Enterprises have to at every stage not only re-look into the process
capabilities but also their technology infrastructure that helps them to get
real time information across their supply network. Software vendors have to look
into the solutions to embrace the concept of DDSN and enable the enterprises to
become more demand centric. Analysts indicate that half of all the companies do
not have a clear visibility across their supply network, in spite of having IT
systems, such as ERP, SCM, PLM, CRM, and SRM. This is because they lack proper
integrations of all of them and in the next three years 30% of the companies
will move towards making their technologies towards working in collaboration
with all their business partners.
The major challenge to the ERP vendors is hence to provide seamless
integrations between all their extended ERP applications, which can help the
enterprises in being a demand driven organization. The next generation of
enterprise applications will need to embrace better architectural capabilities
to make the integrations more plug and play, rather than tight point- to-point
integrations.
One of the key market trends is the technology transformation to a
service-oriented architecture (SOA), which will have the largest effect on
redefining the ERP market. As indicated by analysts, service-oriented
architecture will transform software from an inhibitor to an enabler of business
change, through 2015. SOA will shift revenue from packaged software to
subscription services and from monolithic suites to composite applications.

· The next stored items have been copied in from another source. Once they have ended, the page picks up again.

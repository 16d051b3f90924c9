-- ===== src/RxQueue/Blocks.antt =====
-- The samples that a queue holds, and the invariant of its blocks.
use soapy_sidekiq.Base.{
  ℕ, ◌*◌, ◌/◌, ◌%◌, ◌≤◌, ◌<◌, ◌≡◌, List, [], ◌∷◌, ◌++◌, length, length-append, length-drop, drop,
  arith, append_assoc, refl, ap, sym, ◌∙◌,
}
use soapy_sidekiq.Base.Words.{IsU64}
use soapy_sidekiq.RxQueue.{Block, Queue}

-- A block holds complete pairs, has an unread one, and its vector's size is a word.
pub record IsBlock (b : Block) : Type 0 where
  pub pairs : length b.samples % 2 ≡ 0
  pub unread_pair : b.offset < length b.samples / 2
  pub word : IsU64 (length b.samples)

abbrev pub AreBlocks : List Block → Type 0
AreBlocks [] = Unit {0}
AreBlocks (b ∷ bs) = IsBlock b × AreBlocks bs

abbrev pub unread : Block → List ℕ
unread b = drop (b.offset * 2) b.samples

-- All unread samples, oldest first.
abbrev pub pending : List Block → List ℕ
pending [] = []
pending (b ∷ bs) = unread b ++ pending bs

pub record IsValid (q : Queue) : Type 0 where
  pub capacity_positive : 0 < q.capacity_blocks
  pub bounded : length q.blocks ≤ q.capacity_blocks
  pub blocks_valid : AreBlocks q.blocks

pub pending-append : (bs cs : List Block) → pending (bs ++ cs) ≡ pending bs ++ pending cs
pending-append [] cs = refl
pending-append (b ∷ bs) cs =
    ap (◌++◌ (unread b)) (pending-append bs cs)
    ∙ sym (append_assoc (unread b) (pending bs) (pending cs))

pub AreBlocks-append : (bs cs : List Block) → AreBlocks bs → AreBlocks cs → AreBlocks (bs ++ cs)
AreBlocks-append [] cs h k = k
AreBlocks-append (b ∷ bs) cs h k = (h.0, AreBlocks-append bs cs h.1 k)

pub pending-pairs : (bs : List Block) → AreBlocks bs → length (pending bs) % 2 ≡ 0
pending-pairs [] v = refl
pending-pairs (b ∷ bs) v = omega (
  arith,
  length-append (unread b) (pending bs),
  length-drop (b.offset * 2) b.samples,
  pending-pairs bs v.1,
  v.0.pairs,
  v.0.unread_pair,
)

SOA is an approach to designing, implementing, and deploying information
systems such that the system is created from components implementing discrete
business functions. These components called “services” can be distributed
across geography, across enterprise, and can be reconfigured into new business
process as needed. The services are “loosely coupled” allowing for much more
flexibility than older technologies with respect to re-using and re-combining
the services to create new business functions both within and across
organization.
Extended ERP or ERPII, brought a dynamic new way of doing business, by having real time collaboration with partners, suppliers and customers |
The business component architecture forms the foundation of its specialized
versions: service-oriented and event-driven architectures. A service-oriented
architecture with reduces complexity, eliminates point-to-point integrations and
introduces flexibility through process-driven applications.

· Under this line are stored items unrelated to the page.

-- ===== src/RxQueue/Reading/Fifo.antt =====
-- A read takes exactly the oldest unread samples.
use Prim.Native.Nat.{min}
use soapy_sidekiq.Base.{
  ℕ, zero, suc, ◌+◌, ◌-◌, ◌*◌, ◌/◌, ◌≤◌, ◌<◌, ◌≡◌, List, [], ◌∷◌, ◌++◌, length, take, drop, arith,
  append_assoc, append-nil, refl, ap, sym, ◌∙◌, true, some, inl, inr, Bool-cases, ltb, ltb→lt,
  ltb→le, ◌⊎◌, take-nil, drop-nil, ◌==◌, ==_iff, length-drop, length-append, if◌then◌else◌,
  take-add, drop_all, take-append_le, drop-append_le, drop-drop,
}
use mathlib.Core.Path.{subst}
use soapy_sidekiq.Base.Words.{IsU64, add64_exact, sub64_exact, mul64_exact}
use soapy_sidekiq.RxQueue.{Block}
use soapy_sidekiq.RxQueue.Blocks.{IsBlock, AreBlocks, unread, pending}
use soapy_sidekiq.RxQueue.Reading.{Copy, copy_round, copy_loop, copy_blocks}

-- What a copy of `k` more pairs makes of `c`.
pub record Copied (k : ℕ) (c d : Copy) : Type 0 where
  pub output : d.output ≡ c.output ++ take (2 * k) (pending c.blocks)
  pub rest : pending d.blocks ≡ drop (2 * k) (pending c.blocks)
  pub count : d.samples ≡ c.samples + min k (length (pending c.blocks) / 2)
  pub valid : AreBlocks d.blocks
  pub shorter : length d.blocks ≤ length c.blocks

length-unread : (b : Block) → IsBlock b → length (unread b) ≡ 2 * (length b.samples / 2 - b.offset)
length-unread b v = omega (arith, length-drop (b.offset * 2) b.samples)

-- Copying `n` pairs and then `k - n` more is copying `k`.
Copied-trans :
    (n k : ℕ) (c d e : Copy)
    → n ≤ k
    → 2 * n ≤ length (pending c.blocks)
    → Copied n c d
    → Copied (k - n) d e
    → Copied k c e
Copied-trans n k c d e h fits v w = record {
  output =
      w.output
      ∙ rw (v.output, v.rest, append_assoc, ← take-add (2 * n) (2 * (k - n)) (pending c.blocks))
          (ap (λ (m : ℕ). c.output ++ take m (pending c.blocks)) (omega arith));
  rest =
      w.rest
      ∙ rw (v.rest, drop-drop (2 * (k - n)) (2 * n) (pending c.blocks))
          (ap (λ (m : ℕ). drop m (pending c.blocks)) (omega arith));
  count = omega (arith, v.count, w.count, ap length v.rest, length-drop (2 * n) (pending c.blocks));
  valid = w.valid;
  shorter = omega (arith, v.shorter, w.shorter);
}

-- A block with `n` more pairs consumed, if any are left.
advance_block : ℕ → Block → List Block → List Block
advance_block n b bs =
    if b.offset + n == length b.samples / 2 then bs else record b { offset = b.offset + n } ∷ bs

length-advance_block :
    (n : ℕ) (b : Block) (bs : List Block) → length (advance_block n b bs) ≤ length bs + 1
unfolding advance_block
length-advance_block n b bs = ground arith

pending-advance_block :
    (n : ℕ) (b : Block) (bs : List Block)
    → IsBlock b
    → n ≤ length b.samples / 2 - b.offset
    → pending (advance_block n b bs) ≡ drop (2 * n) (unread b ++ pending bs)
unfolding advance_block
pending-advance_block n b bs v h =
    rw
      (
        drop-append_le (2 * n) (unread b) (pending bs) (omega (arith, length-unread b v)),
        drop-drop (2 * n) (b.offset * 2) b.samples,
      )
      (elim (Bool-cases (b.offset + n == length b.samples / 2)) [
        | inl t ↦
            rw
              (
                t,
                drop_all (b.offset * 2 + 2 * n) b.samples
                    (omega (arith, v.pairs, (==_iff _ _).0 t)),
              )
              refl
        | inr f ↦ rw f (ap (λ (m : ℕ). drop m b.samples ++ pending bs) (omega arith))
      ])

advance_block-AreBlocks :
    (n : ℕ) (b : Block) (bs : List Block)
    → IsBlock b
    → AreBlocks bs
    → n ≤ length b.samples / 2 - b.offset
    → AreBlocks (advance_block n b bs)
unfolding advance_block
advance_block-AreBlocks n b bs v w h = elim (Bool-cases (b.offset + n == length b.samples / 2)) [
  | inl t ↦ rw t w
  | inr f ↦ rw f (record { pairs = v.pairs; unread_pair = ground arith; word = v.word }, w)
]

-- One round that consumes `n` pairs of the front block.
abbrev after_round : ℕ → List ℕ → ℕ → Block → List Block → Copy
after_round n out count b bs = record {
  output = out ++ take (n * 2) (unread b);
  samples = count + n;
  blocks = advance_block n b bs;
}

abbrev before_round : List ℕ → ℕ → Block → List Block → Copy
before_round out count b bs = record { output = out; samples = count; blocks = b ∷ bs }

after_round-Copied :
    (n : ℕ) (out : List ℕ) (count : ℕ) (b : Block) (bs : List Block)
    → IsBlock b
    → AreBlocks bs
    → n ≤ length b.samples / 2 - b.offset
    → Copied n (before_round out count b bs) (after_round n out count b bs)
after_round-Copied n out count b bs v w h = record {
  output =
      rw (take-append_le (2 * n) (unread b) (pending bs) (omega (arith, length-unread b v)))
        (ap (λ (m : ℕ). out ++ take m (unread b)) (omega arith));
  rest = pending-advance_block n b bs v h;
  count = omega (arith, length-append (unread b) (pending bs), length-unread b v);
  valid = advance_block-AreBlocks n b bs v w h;
  shorter = omega (arith, length-advance_block n b bs);
}

abbrev step : ℕ → Block → ℕ → ℕ
step requested b count = min (length b.samples / 2 - b.offset) (requested - count)

module _ (requested : ℕ) (b : Block) (bs : List Block) (out : List ℕ) (count : ℕ) where
  copy_round_exact :
      IsBlock b
      → IsU64 requested
      → count < requested
      → copy_round requested b bs (before_round out count b bs)
        ≡ after_round (step requested b count) out count b bs
  unfolding copy_round advance_block
  copy_round_exact v hr hc = rw (
    sub64_exact (length b.samples / 2) b.offset (omega arith) (omega arith),
    sub64_exact requested count (omega arith) hr,
    mul64_exact b.offset 2 (omega arith),
    mul64_exact (step requested b count) 2 (omega arith),
    add64_exact b.offset (step requested b count) (omega arith),
    add64_exact count (step requested b count) (omega arith),
  )

  after_round_shrinks :
      IsBlock b
      → count < requested
      → length (advance_block (step requested b count) b bs)
          + min (requested - (count + step requested b count)) 1
        < length bs + 2
  unfolding advance_block
  after_round_shrinks v hc = ground arith

-- A copy that stops at once: there is nothing to take, or nothing is asked for.
stopped-Copied :
    (k : ℕ) (c : Copy) → AreBlocks c.blocks → (k ≡ 0) ⊎ (pending c.blocks ≡ []) → Copied k c c
stopped-Copied zero c v h = record {
  output = sym (append-nil c.output);
  rest = refl;
  count = omega arith;
  valid = v;
  shorter = omega arith;
}
stopped-Copied (suc k) c v (inl e) = absurd (omega arith)
stopped-Copied (suc k) c v (inr e) = record {
  output = rw (e, take-nil ℕ _) (sym (append-nil c.output));
  rest = rw (e, drop-nil ℕ _);
  count = omega (arith, ap length e);
  valid = v;
  shorter = omega arith;
}

-- The loop ends, and has copied what was asked for or all there was.
copy_loop-Copied :
    (fuel requested : ℕ) (out : List ℕ) (count : ℕ) (bs : List Block)
    → AreBlocks bs
    → IsU64 requested
    → count ≤ requested
    → length bs + min (requested - count) 1 < fuel
    → let c : Copy = record { output = out; samples = count; blocks = bs } in
      (d : Copy) × (copy_loop fuel requested c ≡ some d) × Copied (requested - count) c d
unfolding copy_loop
copy_loop-Copied zero requested out count bs v hr hc hf = absurd (omega arith)
copy_loop-Copied (suc fuel) requested out count [] v hr hc hf = (
  record { output = out; samples = count; blocks = [] },
  ground arith,
  stopped-Copied (requested - count) _ tt (inr refl),
)
copy_loop-Copied (suc fuel) requested out count (b ∷ bs) v hr hc hf =
    elim (Bool-cases (ltb count requested)) [
      | inl t ↦ continue t (
          copy_loop-Copied fuel requested (out ++ take (n * 2) (unread b)) (count + n)
            (advance_block n b bs) (advance_block-AreBlocks n b bs v.0 v.1 (omega arith)) hr
            (omega (arith, ltb→lt _ _ t))
            (omega (
              arith,
              ltb→lt _ _ t,
              after_round_shrinks requested b bs out count v.0 (ltb→lt _ _ t),
            )))
      | inr f ↦ (
        before_round out count b bs,
        rw f,
        stopped-Copied (requested - count) _ v (inl (omega (arith, ltb→le _ _ f))),
      )
    ]
  where
    n : ℕ
    n = step requested b count

    continue :
        ltb count requested ≡ true
        → (d : Copy) × (copy_loop fuel requested (after_round n out count b bs) ≡ some d)
          × Copied (requested - (count + n)) (after_round n out count b bs) d
        → (d : Copy) × (copy_loop (suc fuel) requested (before_round out count b bs) ≡ some d)
          × Copied (requested - count) (before_round out count b bs) d
    continue t (d, e, c) = (
      d,
      rw (t, copy_round_exact requested b bs out count v.0 hr (ltb→lt _ _ t)) e,
      Copied-trans n (requested - count) _ _ d (omega arith)
          (omega (arith, length-append (unread b) (pending bs), length-unread b v.0))
          (after_round-Copied n out count b bs v.0 v.1 (omega arith))
          (subst (λ m. Copied m (after_round n out count b bs) d) (omega arith) c),
    )

-- The fuel of `copy_blocks` is enough.
pub copy_blocks-Copied :
    (requested : ℕ) (bs : List Block)
    → AreBlocks bs
    → IsU64 requested
    → (d : Copy) × (copy_blocks requested bs ≡ some d)
      × Copied requested (record { output = []; samples = 0; blocks = bs }) d
unfolding copy_blocks
copy_blocks-Copied requested bs v hr =
    subst
      (λ k. (d : Copy) × (copy_loop (length bs + 2) requested start ≡ some d) × Copied k start d)
      (omega arith)
      (copy_loop-Copied (length bs + 2) requested [] 0 bs v hr (omega arith) (omega arith))
  where
    start : Copy
    start = record { output = []; samples = 0; blocks = bs }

This provides agility to meet the ever-changing needs of the plant,
business unit, and enterprise and out into the supply chain.
It provides a more controlled and more secure environment to meet the
requirements of regulatory issues.
Most of the vendors are in the process of transforming their technology
architecture into service-oriented architecture.
Other important market trend that is seen in the late 2000 is the vendor
consolidation. This consolidation among mid-market vendors will continue as per
Forrester Research. Providing a strategic product direction will become
important to the vendors to give the comfort level to their existing customers
and new accounts. Some challenges to the vendors is to invest in merging the
overlapping products and ensure a smooth migration path to their existing
customers.
The future goal of most of the ERP vendors is to provide an enhanced value of
the installed systems, by bringing in the real value proposition to the existing
customers as well as to the new customer, by enhancing the product with
additional features, both functional, technical and usability. The technology
transformation to service oriented architecture will bring more flexibility to
the users in bringing more agility to their ever-changing needs. Lowering the
total cost of ownership of ERP applications and reducing the complexity of IT
infrastructure will become the primary focus, both to vendors and customers.